The interviewer asked Veena where she got her confidence. She told me she gave him a generic answer, something about her parents and hard work and determination. Now, sitting with me in that hotel, she said that the truth was that she didn’t really know; she wasn’t sure how she had ended up believing in herself.

But one thing she did know: She hadn’t always been that way.

Before getting together with Arvind, Veena had been married to
another man for six years. She’d never believed in herself during that time; she was neither confident nor ambitious. She said her mother had always been a housewife. She figured she’d be the same.

In Jaipur, her husband was the breadwinner. She cooked his meals, organized his laundry, supported his career. When his company, an engineering firm, posted him to Chennai, she followed despite her misgivings about moving so far from friends and family.

She became what she called a “full-time housewife.” She stayed at home and did the chores. She supervised the servants,
she cleaned up. One day her father visited from Jaipur. He surprised her in the middle of the afternoon. He found her mopping the floor. He asked what was happening to her. “Why are you sitting around doing this with your life?” he asked. “Is this why you got an education?”

His questions got Veena thinking; she decided maybe she should get a job. She interviewed for a position at a store. She started as a personal assistant, but she was quickly promoted. She got a lot of praise at work; she started making decent money. “It was the first time I started thinking I was smart,” she told me. “I mean, I’d thought I was smart in other ways—I was a good dancer or a good sister or good at relationships—but I never thought I was smart in that way. I never imagined I could have a career. It was just not something I had considered.”

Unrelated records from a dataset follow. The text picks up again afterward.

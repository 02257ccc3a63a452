-- ===== src/Api/MtJobTypes.antt =====
-- The MaintenanceJob object (pkg/apis/vihara/v1alpha1/types_maintenancejob.go).
-- `Finished`, `Succeeded` and `Failed` read the last entry of the status stages by its index,
-- which panics if both stage lists are empty: they return `none` there.
use vihara.Prelude.{String, Bool, false, not, Option, none, some, List, [], eqb}
use vihara.Prelude.{length, get_last?, if◌then◌else◌}
use vihara.Api.Meta.{Time, is_zero?, ObjectMeta, empty_meta}
use vihara.Api.MtTypes.{MaintenanceStage}

pub record MaintenanceJobSpec : Type 0 where
  pub node_name : String
  pub machine_id : String
  pub stages : List MaintenanceStage

pub record MaintenanceJobStageStatus : Type 0 where
  pub name : String
  pub scheduled_at : Option Time
  pub finished_at : Option Time
  pub message : String
  pub reason : String
  pub running : Bool
  pub succeeded : Bool
  pub failed : Bool

pub record MaintenanceJobStatus : Type 0 where
  pub succeeded_at : Option Time
  pub failed_at : Option Time
  pub stages : List MaintenanceJobStageStatus

pub record MaintenanceJob : Type 0 where
  pub meta : ObjectMeta
  pub spec : MaintenanceJobSpec
  pub status : MaintenanceJobStatus

abbrev pub empty_job_status : MaintenanceJobStatus
empty_job_status = record { succeeded_at = none; failed_at = none; stages = [] }

-- `&v1alpha1.MaintenanceJob{}`
abbrev pub empty_maintenance_job : MaintenanceJob
empty_maintenance_job = record {
  meta = empty_meta;
  spec = record { node_name = ""; machine_id = ""; stages = [] };
  status = empty_job_status;
}

-- The test that the three methods share: as many status stages as spec stages, and `test` holds
-- of the last one.
abbrev last_stage : (MaintenanceJobStageStatus → Bool) → MaintenanceJob → Option Bool
last_stage test job =
    if eqb (length job.status.stages) (length job.spec.stages)
    then elim (get_last? job.status.stages) [ none ↦ none | some stage ↦ some (test stage) ]
    else some false

unfoldable pub job_finished : MaintenanceJob → Option Bool
job_finished job = last_stage (λ stage. not (is_zero? stage.finished_at)) job

unfoldable pub job_succeeded : MaintenanceJob → Option Bool
job_succeeded job = last_stage (λ stage. stage.succeeded) job

unfoldable pub job_failed : MaintenanceJob → Option Bool
job_failed job = last_stage (λ stage. stage.failed) job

As Veena’s self-confidence went up, her marriage went down. Things had already been tough in Jaipur. She’d married a childhood friend; she had her doubts from the start, but she didn’t have the confidence to resist her family’s pressure. She hoped for the best. Soon, though, she found out that she and her husband were incompatible in many ways. The “physical side” of the marriage wasn’t working, she said, and, perhaps as a consequence, they bickered a lot.

Things got worse when Veena started working. Her success seemed to threaten her husband. She said that if she stayed out late, he’d get upset. When, at a subsequent job, she was sent to Europe, he seemed unhappy with the way she was building her own life. Veena said her husband was a good man, but they just seemed to have different ideas of their roles in the marriage.

One night there was a big scene at home. Veena was on the
sofa, sick with a fever. Her husband got angry about something she said. He kicked a table. The table broke and a piece grazed Veena’s shoulder. She felt she had to get out. It was raining outside.